Aim of the exercise
When you reach the line with "extract_bearer_token none = none" in the data below, begin printing lines exactly, and stop once the line with "trim_start-plain (c ∷ s) h = rw h.0" has been printed.

Supplied entries
━━━━━━━━━━━━━━━━
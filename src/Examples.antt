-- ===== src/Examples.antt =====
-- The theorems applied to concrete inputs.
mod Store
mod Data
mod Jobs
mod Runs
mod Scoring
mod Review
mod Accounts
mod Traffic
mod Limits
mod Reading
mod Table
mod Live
━━━━━━━━━━━━━━━━
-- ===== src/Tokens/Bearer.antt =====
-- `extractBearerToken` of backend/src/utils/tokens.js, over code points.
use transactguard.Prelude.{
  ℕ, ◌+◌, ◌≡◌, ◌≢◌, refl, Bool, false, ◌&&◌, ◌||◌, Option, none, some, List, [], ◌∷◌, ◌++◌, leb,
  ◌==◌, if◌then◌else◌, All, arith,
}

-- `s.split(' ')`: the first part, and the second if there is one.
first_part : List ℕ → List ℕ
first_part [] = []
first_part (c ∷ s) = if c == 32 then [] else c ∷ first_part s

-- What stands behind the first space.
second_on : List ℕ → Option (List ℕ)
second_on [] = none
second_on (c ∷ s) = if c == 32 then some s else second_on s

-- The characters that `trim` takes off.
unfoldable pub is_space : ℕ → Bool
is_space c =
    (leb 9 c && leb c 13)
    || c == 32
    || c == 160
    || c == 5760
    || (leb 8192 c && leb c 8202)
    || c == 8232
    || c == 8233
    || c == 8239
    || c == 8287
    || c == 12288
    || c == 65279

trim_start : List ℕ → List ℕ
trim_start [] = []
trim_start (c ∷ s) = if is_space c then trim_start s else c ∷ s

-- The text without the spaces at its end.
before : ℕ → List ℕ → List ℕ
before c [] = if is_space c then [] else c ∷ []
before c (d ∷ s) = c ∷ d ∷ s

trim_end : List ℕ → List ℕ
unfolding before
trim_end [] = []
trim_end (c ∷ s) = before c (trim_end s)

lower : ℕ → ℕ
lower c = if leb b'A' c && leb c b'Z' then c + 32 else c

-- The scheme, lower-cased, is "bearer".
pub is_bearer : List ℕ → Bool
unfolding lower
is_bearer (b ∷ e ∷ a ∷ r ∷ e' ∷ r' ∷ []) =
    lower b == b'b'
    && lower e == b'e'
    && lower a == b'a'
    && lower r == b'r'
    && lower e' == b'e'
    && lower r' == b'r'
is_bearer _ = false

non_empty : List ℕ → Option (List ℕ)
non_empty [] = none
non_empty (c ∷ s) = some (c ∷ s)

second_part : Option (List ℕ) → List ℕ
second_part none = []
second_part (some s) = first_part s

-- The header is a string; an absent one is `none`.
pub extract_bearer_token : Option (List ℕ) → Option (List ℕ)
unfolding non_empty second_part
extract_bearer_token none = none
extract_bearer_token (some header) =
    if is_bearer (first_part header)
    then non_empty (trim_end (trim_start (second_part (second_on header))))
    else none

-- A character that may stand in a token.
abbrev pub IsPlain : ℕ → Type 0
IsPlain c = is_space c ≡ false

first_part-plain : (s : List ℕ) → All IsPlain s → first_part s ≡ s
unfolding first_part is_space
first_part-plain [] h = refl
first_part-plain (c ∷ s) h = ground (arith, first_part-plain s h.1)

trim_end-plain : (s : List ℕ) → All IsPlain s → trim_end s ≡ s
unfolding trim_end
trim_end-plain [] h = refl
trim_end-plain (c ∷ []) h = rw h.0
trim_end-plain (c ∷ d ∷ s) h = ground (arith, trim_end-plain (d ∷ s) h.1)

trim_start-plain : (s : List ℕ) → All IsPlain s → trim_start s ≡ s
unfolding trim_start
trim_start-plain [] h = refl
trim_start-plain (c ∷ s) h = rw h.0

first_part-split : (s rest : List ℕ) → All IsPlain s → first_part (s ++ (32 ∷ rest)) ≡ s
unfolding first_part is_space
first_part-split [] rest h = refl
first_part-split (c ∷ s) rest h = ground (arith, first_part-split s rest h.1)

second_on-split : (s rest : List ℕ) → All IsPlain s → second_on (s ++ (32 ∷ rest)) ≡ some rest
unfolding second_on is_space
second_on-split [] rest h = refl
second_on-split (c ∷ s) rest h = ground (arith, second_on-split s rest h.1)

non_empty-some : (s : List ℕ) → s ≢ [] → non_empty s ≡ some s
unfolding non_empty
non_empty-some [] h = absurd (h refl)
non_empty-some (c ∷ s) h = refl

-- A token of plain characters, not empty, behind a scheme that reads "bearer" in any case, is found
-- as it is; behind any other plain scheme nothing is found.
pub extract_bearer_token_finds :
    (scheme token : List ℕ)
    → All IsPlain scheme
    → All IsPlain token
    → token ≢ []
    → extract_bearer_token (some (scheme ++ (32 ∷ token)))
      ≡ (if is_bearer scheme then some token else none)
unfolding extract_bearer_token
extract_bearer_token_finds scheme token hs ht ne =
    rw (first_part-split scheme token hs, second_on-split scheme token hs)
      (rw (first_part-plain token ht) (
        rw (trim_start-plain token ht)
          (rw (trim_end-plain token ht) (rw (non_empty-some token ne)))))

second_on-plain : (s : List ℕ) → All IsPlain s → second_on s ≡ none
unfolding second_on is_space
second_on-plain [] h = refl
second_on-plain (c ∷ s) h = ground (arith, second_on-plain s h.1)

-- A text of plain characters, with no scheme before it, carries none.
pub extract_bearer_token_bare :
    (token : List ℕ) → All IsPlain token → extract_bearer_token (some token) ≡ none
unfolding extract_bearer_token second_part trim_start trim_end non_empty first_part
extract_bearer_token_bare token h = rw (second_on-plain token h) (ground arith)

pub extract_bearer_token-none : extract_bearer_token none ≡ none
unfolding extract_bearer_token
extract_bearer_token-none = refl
━━━━━━━━━━━━━━━━
Answer to this problem
extract_bearer_token none = none
extract_bearer_token (some header) =
    if is_bearer (first_part header)
    then non_empty (trim_end (trim_start (second_part (second_on header))))
    else none

-- A character that may stand in a token.
abbrev pub IsPlain : ℕ → Type 0
IsPlain c = is_space c ≡ false

first_part-plain : (s : List ℕ) → All IsPlain s → first_part s ≡ s
unfolding first_part is_space
first_part-plain [] h = refl
first_part-plain (c ∷ s) h = ground (arith, first_part-plain s h.1)

trim_end-plain : (s : List ℕ) → All IsPlain s → trim_end s ≡ s
unfolding trim_end
trim_end-plain [] h = refl
trim_end-plain (c ∷ []) h = rw h.0
trim_end-plain (c ∷ d ∷ s) h = ground (arith, trim_end-plain (d ∷ s) h.1)

trim_start-plain : (s : List ℕ) → All IsPlain s → trim_start s ≡ s
unfolding trim_start
trim_start-plain [] h = refl
trim_start-plain (c ∷ s) h = rw h.0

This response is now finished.